[Opening Material for this task section]

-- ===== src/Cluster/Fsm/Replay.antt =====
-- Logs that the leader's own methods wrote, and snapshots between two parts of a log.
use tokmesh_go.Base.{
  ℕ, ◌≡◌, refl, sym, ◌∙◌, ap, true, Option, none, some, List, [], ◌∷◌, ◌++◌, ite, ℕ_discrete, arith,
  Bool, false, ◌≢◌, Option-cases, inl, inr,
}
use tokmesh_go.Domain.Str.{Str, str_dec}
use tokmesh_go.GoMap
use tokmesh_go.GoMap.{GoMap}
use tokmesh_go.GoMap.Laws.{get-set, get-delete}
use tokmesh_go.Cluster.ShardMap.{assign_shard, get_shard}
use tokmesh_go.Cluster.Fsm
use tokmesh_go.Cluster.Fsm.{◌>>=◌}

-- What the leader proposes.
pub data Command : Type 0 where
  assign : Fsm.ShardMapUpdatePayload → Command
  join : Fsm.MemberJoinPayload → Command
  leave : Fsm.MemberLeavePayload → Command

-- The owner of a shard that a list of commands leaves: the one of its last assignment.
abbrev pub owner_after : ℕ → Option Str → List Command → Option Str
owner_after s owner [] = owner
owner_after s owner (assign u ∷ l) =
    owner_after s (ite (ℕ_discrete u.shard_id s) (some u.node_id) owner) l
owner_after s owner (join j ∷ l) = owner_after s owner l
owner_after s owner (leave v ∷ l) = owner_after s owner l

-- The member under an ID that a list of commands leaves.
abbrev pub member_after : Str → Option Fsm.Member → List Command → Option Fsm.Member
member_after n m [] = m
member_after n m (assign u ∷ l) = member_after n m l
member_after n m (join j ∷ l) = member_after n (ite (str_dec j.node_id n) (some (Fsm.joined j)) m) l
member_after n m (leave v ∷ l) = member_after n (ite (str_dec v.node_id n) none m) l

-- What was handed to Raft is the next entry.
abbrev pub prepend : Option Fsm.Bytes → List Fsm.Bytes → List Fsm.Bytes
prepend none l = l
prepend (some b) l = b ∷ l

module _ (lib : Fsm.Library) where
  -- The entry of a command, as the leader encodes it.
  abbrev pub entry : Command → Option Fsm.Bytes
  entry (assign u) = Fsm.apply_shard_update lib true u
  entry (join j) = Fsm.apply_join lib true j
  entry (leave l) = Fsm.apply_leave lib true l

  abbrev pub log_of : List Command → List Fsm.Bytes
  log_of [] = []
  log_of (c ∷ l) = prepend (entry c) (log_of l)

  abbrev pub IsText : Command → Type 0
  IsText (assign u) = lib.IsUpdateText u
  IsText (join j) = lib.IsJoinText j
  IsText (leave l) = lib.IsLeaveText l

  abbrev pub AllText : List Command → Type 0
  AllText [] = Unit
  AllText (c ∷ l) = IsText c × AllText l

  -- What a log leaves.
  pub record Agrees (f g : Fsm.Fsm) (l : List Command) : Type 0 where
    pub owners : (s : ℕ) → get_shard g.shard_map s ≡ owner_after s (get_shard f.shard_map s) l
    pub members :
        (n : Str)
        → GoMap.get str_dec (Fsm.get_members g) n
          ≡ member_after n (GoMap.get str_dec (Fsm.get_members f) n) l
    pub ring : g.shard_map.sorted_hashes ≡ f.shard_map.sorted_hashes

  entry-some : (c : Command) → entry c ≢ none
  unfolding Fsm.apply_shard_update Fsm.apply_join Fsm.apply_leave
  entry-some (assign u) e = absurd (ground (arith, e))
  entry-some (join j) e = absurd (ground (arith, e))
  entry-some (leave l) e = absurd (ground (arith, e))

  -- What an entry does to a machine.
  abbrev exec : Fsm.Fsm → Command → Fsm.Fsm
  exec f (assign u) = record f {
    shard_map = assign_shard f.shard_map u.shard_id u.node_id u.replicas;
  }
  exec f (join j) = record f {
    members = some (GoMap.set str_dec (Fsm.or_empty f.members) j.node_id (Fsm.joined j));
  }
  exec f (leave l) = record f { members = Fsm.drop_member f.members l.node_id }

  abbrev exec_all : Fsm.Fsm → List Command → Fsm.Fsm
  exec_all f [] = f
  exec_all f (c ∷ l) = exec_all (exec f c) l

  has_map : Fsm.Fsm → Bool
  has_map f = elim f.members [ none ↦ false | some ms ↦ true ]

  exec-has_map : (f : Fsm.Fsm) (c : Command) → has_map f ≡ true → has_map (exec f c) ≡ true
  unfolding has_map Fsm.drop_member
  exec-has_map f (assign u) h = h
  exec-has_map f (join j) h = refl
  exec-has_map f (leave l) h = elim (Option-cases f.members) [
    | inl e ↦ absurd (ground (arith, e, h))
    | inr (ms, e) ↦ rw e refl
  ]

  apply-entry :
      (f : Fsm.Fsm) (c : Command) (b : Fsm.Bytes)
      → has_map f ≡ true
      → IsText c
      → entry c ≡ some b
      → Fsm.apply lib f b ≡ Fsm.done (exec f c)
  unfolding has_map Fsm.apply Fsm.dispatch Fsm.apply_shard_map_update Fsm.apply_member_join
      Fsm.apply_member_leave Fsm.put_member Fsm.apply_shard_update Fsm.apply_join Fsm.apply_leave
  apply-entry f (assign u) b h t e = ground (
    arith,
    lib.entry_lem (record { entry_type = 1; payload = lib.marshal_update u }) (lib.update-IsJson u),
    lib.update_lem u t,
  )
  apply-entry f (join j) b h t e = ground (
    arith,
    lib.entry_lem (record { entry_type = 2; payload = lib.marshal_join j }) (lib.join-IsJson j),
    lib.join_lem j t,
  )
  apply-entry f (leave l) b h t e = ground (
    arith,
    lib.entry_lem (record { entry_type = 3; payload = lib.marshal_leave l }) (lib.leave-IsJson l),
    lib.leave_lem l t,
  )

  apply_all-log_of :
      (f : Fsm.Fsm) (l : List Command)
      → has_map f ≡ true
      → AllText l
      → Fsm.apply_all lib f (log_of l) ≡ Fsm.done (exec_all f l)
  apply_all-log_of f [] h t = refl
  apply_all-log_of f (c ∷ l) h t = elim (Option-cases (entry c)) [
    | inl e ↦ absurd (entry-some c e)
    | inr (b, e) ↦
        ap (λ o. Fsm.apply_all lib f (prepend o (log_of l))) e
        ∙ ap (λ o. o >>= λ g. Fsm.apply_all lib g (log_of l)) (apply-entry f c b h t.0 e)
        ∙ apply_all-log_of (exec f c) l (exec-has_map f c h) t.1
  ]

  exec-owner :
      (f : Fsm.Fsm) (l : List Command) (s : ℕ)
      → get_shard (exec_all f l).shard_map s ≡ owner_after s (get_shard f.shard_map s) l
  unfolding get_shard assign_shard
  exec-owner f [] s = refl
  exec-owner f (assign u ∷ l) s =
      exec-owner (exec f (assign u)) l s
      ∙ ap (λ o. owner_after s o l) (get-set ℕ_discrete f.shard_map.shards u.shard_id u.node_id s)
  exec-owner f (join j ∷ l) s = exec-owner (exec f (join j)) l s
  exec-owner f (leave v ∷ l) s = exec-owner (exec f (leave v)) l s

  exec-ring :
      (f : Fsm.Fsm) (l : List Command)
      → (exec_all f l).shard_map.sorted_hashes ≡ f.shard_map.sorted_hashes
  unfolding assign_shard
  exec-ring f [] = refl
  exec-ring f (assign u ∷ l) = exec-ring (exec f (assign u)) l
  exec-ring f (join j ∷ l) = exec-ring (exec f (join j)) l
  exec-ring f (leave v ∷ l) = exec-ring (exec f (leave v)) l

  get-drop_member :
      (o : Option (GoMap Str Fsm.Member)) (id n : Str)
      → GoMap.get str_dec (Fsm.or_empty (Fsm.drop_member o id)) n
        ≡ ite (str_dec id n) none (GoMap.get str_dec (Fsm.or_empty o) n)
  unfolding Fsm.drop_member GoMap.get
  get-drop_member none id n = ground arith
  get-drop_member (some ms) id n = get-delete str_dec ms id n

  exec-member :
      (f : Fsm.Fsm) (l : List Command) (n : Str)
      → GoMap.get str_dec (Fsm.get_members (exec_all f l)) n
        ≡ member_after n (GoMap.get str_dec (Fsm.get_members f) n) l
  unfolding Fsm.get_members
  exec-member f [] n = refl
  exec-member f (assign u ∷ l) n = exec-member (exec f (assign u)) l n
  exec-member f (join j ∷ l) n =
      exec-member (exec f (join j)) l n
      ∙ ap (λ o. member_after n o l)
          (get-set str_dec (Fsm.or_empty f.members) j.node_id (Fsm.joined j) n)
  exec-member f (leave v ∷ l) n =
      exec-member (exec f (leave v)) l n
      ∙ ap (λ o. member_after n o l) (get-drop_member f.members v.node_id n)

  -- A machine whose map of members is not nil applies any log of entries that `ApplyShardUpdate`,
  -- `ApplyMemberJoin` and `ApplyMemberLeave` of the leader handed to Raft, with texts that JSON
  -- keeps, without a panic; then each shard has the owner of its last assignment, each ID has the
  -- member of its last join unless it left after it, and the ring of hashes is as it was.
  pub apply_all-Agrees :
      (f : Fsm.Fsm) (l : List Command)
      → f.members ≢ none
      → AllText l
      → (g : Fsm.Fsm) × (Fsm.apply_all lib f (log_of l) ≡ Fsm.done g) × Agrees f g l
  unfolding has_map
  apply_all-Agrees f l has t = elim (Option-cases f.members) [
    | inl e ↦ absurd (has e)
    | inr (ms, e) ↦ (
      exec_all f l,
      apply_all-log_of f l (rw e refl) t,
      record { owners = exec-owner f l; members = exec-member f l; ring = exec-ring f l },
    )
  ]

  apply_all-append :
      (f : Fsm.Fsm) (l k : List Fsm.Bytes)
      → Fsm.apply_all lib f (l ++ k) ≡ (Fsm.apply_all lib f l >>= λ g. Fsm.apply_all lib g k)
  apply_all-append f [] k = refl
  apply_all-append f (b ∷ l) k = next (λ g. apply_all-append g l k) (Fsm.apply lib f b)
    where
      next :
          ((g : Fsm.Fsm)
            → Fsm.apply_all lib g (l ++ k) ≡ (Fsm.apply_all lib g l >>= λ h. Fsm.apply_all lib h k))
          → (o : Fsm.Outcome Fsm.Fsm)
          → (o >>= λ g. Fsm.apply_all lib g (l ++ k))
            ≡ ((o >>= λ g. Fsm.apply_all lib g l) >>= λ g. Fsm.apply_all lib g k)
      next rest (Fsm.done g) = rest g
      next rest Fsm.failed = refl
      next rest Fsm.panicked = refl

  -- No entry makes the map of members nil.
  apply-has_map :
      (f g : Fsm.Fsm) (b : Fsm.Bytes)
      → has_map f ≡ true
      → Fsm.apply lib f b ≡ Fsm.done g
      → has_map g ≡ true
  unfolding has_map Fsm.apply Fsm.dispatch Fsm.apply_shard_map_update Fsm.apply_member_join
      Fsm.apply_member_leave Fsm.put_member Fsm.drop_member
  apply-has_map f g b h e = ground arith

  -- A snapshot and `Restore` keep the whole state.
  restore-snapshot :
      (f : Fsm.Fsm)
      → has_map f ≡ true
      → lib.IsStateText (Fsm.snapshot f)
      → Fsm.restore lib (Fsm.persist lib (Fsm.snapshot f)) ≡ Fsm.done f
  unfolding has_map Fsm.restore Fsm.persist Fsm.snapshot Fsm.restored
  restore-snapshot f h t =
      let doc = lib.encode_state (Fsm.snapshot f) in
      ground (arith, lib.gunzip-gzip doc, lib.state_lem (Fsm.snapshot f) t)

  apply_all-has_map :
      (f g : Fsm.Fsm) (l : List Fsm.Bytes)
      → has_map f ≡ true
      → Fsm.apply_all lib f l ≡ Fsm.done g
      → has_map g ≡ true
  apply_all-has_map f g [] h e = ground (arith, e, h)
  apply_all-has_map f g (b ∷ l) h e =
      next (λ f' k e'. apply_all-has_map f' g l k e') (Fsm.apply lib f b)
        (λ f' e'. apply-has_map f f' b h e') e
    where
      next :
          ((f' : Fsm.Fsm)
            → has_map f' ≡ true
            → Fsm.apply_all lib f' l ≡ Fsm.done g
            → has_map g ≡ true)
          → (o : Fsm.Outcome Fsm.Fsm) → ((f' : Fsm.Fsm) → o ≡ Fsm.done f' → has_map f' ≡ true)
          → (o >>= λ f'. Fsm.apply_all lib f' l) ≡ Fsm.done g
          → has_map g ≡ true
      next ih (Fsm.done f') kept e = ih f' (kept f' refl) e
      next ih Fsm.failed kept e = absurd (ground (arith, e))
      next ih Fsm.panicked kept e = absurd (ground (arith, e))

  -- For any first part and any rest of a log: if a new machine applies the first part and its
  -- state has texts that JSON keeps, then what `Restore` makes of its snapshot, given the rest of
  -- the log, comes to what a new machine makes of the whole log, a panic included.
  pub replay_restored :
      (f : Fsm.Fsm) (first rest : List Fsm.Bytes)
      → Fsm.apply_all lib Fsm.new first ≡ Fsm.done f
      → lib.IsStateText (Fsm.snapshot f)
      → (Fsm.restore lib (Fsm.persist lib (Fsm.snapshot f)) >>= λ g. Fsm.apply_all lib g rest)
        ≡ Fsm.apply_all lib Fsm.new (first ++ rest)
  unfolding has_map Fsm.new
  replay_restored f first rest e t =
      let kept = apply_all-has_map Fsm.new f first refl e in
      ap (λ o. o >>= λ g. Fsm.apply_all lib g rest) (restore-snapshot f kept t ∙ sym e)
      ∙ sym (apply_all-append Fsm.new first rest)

[Closing Material for this task section]

[Requirement]: Everything starting at the line containing "absurd (has e)" and ending at the line containing "apply-has_map f g b h e = ground arith" in the records above should be repeated exactly, and only that.

[Exercise response]:
    | inl e ↦ absurd (has e)
    | inr (ms, e) ↦ (
      exec_all f l,
      apply_all-log_of f l (rw e refl) t,
      record { owners = exec-owner f l; members = exec-member f l; ring = exec-ring f l },
    )
  ]

  apply_all-append :
      (f : Fsm.Fsm) (l k : List Fsm.Bytes)
      → Fsm.apply_all lib f (l ++ k) ≡ (Fsm.apply_all lib f l >>= λ g. Fsm.apply_all lib g k)
  apply_all-append f [] k = refl
  apply_all-append f (b ∷ l) k = next (λ g. apply_all-append g l k) (Fsm.apply lib f b)
    where
      next :
          ((g : Fsm.Fsm)
            → Fsm.apply_all lib g (l ++ k) ≡ (Fsm.apply_all lib g l >>= λ h. Fsm.apply_all lib h k))
          → (o : Fsm.Outcome Fsm.Fsm)
          → (o >>= λ g. Fsm.apply_all lib g (l ++ k))
            ≡ ((o >>= λ g. Fsm.apply_all lib g l) >>= λ g. Fsm.apply_all lib g k)
      next rest (Fsm.done g) = rest g
      next rest Fsm.failed = refl
      next rest Fsm.panicked = refl

  -- No entry makes the map of members nil.
  apply-has_map :
      (f g : Fsm.Fsm) (b : Fsm.Bytes)
      → has_map f ≡ true
      → Fsm.apply lib f b ≡ Fsm.done g
      → has_map g ≡ true
  unfolding has_map Fsm.apply Fsm.dispatch Fsm.apply_shard_map_update Fsm.apply_member_join
      Fsm.apply_member_leave Fsm.put_member Fsm.drop_member
  apply-has_map f g b h e = ground arith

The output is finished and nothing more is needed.